- Source data -

———

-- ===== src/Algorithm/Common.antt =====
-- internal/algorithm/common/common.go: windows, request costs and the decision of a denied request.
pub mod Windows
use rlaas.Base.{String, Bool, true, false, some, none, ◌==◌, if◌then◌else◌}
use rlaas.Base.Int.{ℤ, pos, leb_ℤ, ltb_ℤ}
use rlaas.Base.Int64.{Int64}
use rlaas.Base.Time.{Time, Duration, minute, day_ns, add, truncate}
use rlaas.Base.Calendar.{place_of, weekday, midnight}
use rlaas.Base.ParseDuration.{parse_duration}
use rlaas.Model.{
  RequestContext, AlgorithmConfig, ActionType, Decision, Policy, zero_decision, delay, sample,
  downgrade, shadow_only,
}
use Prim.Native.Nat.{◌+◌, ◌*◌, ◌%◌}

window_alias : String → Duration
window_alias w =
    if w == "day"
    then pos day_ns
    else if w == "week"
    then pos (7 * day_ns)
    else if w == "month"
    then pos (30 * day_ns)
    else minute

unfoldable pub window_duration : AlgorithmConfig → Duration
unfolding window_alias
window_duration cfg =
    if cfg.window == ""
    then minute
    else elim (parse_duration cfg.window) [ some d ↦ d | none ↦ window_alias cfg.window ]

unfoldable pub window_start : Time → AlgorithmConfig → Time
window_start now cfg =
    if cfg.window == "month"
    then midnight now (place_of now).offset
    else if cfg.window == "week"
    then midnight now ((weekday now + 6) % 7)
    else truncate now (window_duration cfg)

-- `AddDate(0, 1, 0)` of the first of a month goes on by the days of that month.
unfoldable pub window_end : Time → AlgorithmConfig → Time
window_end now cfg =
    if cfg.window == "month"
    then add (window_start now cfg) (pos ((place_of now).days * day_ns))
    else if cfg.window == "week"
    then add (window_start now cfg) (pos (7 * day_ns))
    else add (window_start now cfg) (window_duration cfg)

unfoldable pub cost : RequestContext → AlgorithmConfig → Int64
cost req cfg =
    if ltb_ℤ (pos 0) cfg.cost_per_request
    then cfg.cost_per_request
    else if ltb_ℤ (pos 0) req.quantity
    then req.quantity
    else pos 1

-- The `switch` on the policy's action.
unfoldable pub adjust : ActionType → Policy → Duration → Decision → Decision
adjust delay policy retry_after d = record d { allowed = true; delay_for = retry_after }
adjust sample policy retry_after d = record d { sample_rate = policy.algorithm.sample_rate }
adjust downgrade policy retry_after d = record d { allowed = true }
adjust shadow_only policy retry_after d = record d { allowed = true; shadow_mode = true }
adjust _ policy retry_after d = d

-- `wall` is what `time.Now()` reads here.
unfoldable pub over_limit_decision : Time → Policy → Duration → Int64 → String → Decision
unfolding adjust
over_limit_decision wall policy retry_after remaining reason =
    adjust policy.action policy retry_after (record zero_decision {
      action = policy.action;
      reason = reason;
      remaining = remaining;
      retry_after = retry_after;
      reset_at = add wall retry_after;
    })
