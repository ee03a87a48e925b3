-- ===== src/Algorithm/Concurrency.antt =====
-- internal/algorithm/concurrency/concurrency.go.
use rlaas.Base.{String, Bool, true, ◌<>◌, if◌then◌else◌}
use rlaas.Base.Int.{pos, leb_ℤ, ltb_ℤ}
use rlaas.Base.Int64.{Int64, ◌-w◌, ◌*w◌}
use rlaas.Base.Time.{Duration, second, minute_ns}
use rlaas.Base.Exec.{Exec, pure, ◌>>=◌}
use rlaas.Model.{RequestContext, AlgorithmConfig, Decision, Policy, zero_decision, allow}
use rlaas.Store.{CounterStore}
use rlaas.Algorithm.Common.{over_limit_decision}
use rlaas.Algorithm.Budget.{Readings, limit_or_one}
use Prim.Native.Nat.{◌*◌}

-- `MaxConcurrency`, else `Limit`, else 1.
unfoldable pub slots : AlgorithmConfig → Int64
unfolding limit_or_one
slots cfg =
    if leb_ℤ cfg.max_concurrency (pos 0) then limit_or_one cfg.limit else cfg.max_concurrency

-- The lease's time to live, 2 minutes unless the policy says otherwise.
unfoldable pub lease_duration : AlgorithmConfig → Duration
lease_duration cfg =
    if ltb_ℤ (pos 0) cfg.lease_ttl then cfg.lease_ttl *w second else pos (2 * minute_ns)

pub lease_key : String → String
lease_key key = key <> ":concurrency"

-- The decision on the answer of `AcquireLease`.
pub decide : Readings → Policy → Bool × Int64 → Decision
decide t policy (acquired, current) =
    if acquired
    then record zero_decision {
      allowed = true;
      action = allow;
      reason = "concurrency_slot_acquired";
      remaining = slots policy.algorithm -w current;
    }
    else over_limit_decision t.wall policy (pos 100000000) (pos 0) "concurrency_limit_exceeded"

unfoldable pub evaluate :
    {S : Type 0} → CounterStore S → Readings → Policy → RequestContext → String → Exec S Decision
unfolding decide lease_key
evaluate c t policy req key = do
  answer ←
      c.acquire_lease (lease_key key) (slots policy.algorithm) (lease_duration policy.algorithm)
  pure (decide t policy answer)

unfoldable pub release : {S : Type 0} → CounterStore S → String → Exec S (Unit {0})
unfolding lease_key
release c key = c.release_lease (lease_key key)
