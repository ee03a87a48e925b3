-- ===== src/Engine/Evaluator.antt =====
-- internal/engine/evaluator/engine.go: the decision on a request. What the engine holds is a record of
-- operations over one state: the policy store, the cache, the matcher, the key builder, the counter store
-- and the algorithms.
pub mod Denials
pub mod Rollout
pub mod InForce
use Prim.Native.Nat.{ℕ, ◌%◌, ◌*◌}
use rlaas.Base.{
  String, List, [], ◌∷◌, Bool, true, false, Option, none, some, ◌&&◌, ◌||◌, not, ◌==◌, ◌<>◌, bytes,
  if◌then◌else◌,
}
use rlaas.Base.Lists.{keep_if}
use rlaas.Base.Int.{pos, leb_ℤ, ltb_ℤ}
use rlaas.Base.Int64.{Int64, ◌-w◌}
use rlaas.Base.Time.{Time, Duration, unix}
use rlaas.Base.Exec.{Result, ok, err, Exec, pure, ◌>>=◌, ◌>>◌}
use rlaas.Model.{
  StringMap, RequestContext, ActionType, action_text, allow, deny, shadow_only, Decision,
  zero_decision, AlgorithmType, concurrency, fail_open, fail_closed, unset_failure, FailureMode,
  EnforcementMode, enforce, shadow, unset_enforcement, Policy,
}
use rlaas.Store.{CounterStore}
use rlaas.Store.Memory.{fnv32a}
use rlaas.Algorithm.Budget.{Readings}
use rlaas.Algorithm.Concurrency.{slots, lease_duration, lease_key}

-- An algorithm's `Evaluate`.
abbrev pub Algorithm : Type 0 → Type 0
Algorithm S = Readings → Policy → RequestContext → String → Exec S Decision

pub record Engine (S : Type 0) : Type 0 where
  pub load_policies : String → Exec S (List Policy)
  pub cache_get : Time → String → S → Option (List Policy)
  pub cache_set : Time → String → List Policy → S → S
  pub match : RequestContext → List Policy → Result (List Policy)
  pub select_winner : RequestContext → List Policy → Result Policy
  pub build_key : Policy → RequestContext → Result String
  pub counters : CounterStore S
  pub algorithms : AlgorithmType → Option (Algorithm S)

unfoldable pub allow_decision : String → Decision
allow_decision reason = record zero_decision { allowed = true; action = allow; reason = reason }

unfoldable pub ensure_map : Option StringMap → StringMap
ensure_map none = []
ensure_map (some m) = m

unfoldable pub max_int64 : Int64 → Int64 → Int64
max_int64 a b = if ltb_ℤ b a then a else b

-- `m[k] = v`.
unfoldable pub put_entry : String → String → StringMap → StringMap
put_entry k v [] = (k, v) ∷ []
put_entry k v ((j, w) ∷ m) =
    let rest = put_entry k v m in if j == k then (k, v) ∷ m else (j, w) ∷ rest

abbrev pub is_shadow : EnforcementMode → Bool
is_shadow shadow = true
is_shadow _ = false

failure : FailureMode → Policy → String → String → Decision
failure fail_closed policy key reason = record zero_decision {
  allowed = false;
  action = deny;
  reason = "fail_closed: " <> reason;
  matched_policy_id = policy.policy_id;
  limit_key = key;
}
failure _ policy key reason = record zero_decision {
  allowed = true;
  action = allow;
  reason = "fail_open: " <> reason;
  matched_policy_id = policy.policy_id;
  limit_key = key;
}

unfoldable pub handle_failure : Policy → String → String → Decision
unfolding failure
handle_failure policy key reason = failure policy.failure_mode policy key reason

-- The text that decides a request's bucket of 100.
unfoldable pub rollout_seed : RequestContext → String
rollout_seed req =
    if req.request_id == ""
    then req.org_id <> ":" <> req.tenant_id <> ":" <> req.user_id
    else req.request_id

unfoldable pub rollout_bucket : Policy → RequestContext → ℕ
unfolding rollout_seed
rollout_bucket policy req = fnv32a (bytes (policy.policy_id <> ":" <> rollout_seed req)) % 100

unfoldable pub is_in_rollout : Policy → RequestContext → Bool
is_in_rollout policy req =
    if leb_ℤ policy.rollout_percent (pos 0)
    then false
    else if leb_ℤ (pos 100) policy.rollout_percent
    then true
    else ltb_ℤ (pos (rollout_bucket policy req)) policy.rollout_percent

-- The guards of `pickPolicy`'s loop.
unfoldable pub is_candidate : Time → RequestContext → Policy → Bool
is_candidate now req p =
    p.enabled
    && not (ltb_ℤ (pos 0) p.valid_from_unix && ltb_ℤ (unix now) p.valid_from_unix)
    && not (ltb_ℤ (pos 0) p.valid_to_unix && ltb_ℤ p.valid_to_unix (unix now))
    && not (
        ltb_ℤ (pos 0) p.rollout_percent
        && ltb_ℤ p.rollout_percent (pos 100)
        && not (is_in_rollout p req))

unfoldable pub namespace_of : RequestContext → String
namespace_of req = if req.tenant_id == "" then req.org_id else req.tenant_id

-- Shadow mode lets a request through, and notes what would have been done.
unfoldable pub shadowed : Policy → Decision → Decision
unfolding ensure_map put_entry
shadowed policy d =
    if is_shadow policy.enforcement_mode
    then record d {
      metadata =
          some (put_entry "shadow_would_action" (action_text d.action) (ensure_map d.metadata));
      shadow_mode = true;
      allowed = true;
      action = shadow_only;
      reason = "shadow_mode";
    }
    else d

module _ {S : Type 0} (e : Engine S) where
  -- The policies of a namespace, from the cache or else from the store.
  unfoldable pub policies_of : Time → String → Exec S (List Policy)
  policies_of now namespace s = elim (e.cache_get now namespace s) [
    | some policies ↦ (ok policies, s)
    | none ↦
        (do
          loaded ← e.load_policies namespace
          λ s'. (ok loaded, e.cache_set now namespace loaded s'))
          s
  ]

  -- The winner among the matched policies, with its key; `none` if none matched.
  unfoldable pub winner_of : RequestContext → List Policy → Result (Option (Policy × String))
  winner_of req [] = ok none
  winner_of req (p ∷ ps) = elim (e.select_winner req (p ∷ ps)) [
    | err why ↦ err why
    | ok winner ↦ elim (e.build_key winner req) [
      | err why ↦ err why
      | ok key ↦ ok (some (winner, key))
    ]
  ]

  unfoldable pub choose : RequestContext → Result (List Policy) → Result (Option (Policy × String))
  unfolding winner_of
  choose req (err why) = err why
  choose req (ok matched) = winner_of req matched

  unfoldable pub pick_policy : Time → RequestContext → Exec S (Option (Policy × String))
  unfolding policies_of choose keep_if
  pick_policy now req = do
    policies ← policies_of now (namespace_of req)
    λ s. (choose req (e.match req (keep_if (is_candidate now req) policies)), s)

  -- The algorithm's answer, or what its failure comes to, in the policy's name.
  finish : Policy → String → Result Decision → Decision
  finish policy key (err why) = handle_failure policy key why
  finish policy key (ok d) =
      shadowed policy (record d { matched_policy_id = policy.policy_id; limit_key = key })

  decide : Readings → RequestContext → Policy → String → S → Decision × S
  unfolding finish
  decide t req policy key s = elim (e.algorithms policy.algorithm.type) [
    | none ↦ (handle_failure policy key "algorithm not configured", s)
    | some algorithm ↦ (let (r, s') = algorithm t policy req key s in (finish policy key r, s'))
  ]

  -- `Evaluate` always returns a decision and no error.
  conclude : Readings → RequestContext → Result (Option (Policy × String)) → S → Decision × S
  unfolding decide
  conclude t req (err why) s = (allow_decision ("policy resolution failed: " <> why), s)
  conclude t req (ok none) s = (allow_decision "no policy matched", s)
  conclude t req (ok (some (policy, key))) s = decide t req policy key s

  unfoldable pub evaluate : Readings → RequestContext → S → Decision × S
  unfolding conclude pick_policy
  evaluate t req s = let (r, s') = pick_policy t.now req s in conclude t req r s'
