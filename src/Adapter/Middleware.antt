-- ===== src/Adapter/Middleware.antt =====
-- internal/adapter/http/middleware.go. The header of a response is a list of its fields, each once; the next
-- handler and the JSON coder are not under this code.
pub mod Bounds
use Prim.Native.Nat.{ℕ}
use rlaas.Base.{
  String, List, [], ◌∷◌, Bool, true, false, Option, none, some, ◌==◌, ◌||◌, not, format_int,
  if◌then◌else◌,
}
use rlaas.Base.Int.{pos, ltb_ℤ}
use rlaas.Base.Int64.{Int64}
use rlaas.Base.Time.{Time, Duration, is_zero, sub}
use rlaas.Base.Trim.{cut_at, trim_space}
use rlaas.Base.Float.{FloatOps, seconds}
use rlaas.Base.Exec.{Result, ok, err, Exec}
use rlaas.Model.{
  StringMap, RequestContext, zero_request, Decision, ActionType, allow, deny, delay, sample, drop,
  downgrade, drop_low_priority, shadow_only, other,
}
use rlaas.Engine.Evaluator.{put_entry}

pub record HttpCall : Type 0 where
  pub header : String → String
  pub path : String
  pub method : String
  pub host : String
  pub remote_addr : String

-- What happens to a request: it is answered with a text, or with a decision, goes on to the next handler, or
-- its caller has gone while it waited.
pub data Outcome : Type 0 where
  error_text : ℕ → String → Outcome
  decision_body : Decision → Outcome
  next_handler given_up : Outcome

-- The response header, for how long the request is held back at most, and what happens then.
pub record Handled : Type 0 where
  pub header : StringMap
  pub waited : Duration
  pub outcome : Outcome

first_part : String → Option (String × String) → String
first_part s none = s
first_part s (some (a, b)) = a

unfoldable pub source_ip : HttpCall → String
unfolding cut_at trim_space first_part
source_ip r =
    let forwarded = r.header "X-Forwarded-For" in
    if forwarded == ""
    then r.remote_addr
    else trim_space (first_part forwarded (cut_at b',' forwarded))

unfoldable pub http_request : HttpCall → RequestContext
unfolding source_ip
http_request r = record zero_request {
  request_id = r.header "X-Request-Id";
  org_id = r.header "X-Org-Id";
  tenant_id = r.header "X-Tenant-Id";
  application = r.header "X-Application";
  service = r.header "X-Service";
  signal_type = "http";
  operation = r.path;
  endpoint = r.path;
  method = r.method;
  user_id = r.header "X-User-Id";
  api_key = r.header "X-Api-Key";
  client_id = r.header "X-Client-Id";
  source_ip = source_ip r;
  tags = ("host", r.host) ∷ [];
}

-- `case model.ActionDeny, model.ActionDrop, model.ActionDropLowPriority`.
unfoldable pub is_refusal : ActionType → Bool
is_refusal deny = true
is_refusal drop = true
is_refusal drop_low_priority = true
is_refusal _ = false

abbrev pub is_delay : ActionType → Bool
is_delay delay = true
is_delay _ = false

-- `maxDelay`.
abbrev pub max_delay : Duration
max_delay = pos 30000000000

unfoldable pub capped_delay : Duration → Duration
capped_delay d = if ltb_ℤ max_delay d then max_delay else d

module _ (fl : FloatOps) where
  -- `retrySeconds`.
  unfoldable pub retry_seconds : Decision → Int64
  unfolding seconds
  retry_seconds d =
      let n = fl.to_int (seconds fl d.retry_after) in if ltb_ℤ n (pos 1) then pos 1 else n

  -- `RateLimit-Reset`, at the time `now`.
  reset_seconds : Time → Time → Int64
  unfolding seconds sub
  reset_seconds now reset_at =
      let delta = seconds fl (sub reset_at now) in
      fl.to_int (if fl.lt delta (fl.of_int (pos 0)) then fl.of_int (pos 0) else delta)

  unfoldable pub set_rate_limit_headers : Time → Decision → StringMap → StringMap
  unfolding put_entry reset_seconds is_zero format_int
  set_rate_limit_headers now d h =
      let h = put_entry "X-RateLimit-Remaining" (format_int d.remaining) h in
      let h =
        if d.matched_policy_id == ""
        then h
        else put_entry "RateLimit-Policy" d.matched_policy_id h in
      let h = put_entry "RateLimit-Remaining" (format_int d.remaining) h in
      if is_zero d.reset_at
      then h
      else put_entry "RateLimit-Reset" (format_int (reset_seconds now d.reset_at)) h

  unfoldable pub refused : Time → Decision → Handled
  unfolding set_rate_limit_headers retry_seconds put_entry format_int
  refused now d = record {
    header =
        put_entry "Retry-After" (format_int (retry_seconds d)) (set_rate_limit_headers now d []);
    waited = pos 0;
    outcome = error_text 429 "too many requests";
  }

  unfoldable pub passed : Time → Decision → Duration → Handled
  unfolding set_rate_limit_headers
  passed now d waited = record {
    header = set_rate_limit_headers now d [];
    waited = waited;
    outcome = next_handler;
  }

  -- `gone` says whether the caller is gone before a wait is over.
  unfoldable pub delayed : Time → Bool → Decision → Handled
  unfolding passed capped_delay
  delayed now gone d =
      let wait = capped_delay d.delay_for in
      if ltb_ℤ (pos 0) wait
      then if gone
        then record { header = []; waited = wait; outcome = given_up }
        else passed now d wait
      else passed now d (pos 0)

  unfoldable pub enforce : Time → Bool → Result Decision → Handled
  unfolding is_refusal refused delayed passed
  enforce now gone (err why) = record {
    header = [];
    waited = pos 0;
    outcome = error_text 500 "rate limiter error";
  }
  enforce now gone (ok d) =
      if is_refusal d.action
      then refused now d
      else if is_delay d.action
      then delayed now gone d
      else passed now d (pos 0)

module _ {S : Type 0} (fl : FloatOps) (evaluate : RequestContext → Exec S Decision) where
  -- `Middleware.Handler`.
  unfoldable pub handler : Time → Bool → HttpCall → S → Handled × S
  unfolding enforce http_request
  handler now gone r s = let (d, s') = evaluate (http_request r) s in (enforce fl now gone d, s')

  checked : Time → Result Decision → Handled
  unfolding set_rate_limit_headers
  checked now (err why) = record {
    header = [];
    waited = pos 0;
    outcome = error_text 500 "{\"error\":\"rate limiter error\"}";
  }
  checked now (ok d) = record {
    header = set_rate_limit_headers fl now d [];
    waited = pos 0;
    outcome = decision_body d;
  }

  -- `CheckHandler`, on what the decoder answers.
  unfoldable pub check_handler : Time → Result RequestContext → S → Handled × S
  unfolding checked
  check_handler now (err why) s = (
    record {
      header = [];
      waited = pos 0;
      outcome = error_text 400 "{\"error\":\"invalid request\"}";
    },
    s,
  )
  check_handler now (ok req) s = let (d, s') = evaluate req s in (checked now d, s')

———

Repeat the entries verbatim through the line with "unfoldable pub window_duration".

-- ===== src/Algorithm/Common.antt =====
-- internal/algorithm/common/common.go: windows, request costs and the decision of a denied request.
pub mod Windows
use rlaas.Base.{String, Bool, true, false, some, none, ◌==◌, if◌then◌else◌}
use rlaas.Base.Int.{ℤ, pos, leb_ℤ, ltb_ℤ}
use rlaas.Base.Int64.{Int64}
use rlaas.Base.Time.{Time, Duration, minute, day_ns, add, truncate}
use rlaas.Base.Calendar.{place_of, weekday, midnight}
use rlaas.Base.ParseDuration.{parse_duration}
use rlaas.Model.{
  RequestContext, AlgorithmConfig, ActionType, Decision, Policy, zero_decision, delay, sample,
  downgrade, shadow_only,
}
use Prim.Native.Nat.{◌+◌, ◌*◌, ◌%◌}

window_alias : String → Duration
window_alias w =
    if w == "day"
    then pos day_ns
    else if w == "week"
    then pos (7 * day_ns)
    else if w == "month"
    then pos (30 * day_ns)
    else minute

unfoldable pub window_duration : AlgorithmConfig → Duration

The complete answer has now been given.